**Task brief**. Please filter the entries and return only the lines that include "cases".

◇ ◇ ◇ ◇ ◇

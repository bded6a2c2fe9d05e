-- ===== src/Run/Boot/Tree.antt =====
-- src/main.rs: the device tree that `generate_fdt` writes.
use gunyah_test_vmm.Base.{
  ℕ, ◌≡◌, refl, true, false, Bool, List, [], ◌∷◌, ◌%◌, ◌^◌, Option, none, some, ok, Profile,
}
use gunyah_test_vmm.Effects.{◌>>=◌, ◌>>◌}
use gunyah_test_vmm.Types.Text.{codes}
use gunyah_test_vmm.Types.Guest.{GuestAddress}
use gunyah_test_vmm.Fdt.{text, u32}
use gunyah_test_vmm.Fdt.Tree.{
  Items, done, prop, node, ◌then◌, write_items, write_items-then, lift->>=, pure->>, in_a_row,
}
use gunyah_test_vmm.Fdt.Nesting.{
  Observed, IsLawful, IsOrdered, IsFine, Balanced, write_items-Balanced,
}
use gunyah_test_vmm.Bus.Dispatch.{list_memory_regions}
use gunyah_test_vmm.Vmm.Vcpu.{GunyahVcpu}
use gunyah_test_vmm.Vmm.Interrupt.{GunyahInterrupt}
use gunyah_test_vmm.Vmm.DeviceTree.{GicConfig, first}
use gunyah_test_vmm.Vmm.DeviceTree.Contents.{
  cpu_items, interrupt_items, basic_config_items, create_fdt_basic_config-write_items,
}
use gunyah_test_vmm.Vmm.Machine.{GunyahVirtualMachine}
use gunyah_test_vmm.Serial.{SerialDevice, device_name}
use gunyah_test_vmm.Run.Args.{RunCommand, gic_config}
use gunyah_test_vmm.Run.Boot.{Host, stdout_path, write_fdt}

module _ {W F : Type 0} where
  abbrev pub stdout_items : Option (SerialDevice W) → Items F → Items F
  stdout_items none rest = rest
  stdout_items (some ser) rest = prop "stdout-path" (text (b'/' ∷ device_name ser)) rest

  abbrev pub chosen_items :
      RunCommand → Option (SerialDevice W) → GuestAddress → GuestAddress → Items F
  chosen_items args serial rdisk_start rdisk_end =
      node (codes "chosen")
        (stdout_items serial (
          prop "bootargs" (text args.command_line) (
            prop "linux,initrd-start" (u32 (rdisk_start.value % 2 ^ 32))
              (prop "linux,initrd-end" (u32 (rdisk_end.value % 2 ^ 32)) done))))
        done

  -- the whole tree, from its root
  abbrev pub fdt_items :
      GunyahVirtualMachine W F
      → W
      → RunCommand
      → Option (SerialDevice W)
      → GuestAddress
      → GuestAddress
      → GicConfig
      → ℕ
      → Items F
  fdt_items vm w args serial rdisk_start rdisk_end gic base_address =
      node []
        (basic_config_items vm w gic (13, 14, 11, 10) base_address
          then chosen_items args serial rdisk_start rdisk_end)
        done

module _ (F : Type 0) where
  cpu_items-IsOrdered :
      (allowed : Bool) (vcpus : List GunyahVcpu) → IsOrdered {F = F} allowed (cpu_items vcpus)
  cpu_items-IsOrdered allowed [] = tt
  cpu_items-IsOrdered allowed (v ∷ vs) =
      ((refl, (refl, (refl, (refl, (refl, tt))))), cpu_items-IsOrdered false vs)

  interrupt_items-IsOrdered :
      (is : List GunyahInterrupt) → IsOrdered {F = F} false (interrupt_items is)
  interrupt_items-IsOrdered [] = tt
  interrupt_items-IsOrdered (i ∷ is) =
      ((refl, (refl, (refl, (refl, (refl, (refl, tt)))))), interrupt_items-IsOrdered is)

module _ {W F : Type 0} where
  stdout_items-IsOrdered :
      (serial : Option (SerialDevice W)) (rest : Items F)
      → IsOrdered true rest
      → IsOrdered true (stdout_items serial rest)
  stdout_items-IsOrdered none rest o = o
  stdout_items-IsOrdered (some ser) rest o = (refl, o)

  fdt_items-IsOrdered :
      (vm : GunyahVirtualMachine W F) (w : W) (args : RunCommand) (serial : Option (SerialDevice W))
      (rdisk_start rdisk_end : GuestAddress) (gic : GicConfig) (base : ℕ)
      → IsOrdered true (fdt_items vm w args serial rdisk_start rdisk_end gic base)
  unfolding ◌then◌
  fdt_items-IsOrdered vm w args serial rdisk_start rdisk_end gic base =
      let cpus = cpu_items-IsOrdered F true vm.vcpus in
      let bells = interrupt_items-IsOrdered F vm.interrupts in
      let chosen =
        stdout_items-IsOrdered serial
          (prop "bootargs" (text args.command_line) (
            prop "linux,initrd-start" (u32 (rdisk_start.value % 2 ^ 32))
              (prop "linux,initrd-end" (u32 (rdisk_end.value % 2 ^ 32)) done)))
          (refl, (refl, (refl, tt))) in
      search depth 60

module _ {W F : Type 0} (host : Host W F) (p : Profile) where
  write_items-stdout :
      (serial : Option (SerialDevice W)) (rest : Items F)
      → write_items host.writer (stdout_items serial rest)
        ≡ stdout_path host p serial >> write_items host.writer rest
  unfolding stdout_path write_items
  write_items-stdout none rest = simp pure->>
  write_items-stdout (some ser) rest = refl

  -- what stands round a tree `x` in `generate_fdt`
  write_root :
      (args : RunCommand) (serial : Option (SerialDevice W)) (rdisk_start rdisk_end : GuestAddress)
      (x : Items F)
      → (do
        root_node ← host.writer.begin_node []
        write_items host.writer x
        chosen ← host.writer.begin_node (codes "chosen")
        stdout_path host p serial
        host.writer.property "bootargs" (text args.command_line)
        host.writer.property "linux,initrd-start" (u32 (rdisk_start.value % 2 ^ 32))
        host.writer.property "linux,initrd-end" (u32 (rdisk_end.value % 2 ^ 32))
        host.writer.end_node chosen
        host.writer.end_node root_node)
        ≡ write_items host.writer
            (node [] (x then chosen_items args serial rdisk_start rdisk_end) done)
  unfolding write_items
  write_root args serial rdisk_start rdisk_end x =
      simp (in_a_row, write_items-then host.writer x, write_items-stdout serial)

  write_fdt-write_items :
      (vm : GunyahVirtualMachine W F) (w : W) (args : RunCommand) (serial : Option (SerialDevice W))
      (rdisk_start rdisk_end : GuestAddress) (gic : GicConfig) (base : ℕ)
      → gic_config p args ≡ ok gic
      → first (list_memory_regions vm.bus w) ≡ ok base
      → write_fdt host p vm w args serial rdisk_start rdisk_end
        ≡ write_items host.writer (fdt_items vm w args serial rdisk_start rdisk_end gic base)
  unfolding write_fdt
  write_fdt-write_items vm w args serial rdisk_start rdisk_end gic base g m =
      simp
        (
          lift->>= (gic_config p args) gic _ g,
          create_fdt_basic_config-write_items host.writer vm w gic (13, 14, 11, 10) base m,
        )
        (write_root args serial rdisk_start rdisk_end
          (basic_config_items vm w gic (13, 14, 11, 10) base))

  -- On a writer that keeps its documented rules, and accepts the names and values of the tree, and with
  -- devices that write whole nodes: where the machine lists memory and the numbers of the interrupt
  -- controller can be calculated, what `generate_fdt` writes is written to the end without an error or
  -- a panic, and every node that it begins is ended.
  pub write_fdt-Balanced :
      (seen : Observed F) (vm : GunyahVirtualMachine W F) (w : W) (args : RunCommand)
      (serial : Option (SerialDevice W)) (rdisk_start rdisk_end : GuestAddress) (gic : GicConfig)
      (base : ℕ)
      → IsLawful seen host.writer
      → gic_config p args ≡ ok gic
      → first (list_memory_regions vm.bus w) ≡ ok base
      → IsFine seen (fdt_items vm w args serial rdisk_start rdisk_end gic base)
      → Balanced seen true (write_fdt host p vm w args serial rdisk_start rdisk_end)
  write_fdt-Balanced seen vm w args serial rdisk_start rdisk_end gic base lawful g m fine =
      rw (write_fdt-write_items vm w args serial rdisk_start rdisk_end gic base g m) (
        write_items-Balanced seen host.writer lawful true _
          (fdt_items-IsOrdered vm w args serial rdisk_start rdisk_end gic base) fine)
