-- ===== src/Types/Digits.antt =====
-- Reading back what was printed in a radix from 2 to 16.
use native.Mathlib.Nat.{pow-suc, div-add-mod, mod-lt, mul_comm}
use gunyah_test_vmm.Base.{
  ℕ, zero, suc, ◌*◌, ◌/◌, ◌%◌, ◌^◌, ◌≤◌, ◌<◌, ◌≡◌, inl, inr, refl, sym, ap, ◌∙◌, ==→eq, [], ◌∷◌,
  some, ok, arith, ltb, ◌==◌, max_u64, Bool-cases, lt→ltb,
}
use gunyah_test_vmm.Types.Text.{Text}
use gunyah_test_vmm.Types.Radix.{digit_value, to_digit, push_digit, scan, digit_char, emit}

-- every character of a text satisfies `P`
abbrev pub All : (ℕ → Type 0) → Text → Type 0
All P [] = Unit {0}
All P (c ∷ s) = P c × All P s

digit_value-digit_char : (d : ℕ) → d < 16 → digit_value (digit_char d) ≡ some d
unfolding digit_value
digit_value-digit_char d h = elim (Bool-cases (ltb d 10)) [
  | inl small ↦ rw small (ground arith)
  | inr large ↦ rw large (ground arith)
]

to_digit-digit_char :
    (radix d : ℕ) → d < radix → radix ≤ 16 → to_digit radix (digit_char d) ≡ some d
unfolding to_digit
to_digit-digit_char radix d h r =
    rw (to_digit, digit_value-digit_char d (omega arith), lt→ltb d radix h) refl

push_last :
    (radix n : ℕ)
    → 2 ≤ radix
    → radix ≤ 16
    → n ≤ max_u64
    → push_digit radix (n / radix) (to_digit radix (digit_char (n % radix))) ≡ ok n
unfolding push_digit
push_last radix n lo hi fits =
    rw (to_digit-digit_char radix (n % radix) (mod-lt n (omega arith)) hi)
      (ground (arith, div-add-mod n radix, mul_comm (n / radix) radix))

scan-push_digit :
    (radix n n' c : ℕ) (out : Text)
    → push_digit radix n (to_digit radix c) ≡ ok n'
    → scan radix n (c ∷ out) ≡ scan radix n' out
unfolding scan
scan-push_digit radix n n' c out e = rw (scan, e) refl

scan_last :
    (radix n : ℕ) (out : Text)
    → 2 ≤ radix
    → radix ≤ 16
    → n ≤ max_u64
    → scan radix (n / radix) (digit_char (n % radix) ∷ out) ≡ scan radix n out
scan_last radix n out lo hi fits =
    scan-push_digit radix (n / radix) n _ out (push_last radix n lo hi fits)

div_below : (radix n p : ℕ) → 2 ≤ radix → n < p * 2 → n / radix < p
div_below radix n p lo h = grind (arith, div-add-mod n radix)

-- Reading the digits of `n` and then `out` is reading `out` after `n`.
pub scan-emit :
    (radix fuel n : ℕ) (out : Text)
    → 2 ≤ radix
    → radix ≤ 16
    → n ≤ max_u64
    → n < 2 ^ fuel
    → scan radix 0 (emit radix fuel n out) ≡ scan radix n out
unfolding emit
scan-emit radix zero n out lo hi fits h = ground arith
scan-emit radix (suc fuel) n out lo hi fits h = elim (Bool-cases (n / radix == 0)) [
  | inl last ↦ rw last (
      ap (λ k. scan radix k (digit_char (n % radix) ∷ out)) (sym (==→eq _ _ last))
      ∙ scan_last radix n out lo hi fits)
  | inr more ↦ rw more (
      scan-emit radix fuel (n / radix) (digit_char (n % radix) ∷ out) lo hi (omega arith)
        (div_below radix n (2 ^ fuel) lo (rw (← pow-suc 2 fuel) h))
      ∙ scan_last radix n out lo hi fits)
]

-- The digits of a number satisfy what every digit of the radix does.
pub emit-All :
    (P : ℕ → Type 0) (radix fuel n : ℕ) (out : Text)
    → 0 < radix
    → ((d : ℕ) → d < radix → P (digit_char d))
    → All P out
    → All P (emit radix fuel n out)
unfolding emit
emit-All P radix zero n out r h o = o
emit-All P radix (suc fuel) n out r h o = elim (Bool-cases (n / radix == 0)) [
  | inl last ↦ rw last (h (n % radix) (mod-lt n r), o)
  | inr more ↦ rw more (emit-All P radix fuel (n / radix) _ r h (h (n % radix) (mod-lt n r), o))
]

◇ ◇ ◇ ◇ ◇

**Result for this exercise**.
  some, ok, arith, ltb, ◌==◌, max_u64, Bool-cases, lt→ltb,
digit_value-digit_char d h = elim (Bool-cases (ltb d 10)) [
scan-emit radix (suc fuel) n out lo hi fits h = elim (Bool-cases (n / radix == 0)) [
emit-All P radix (suc fuel) n out r h o = elim (Bool-cases (n / radix == 0)) [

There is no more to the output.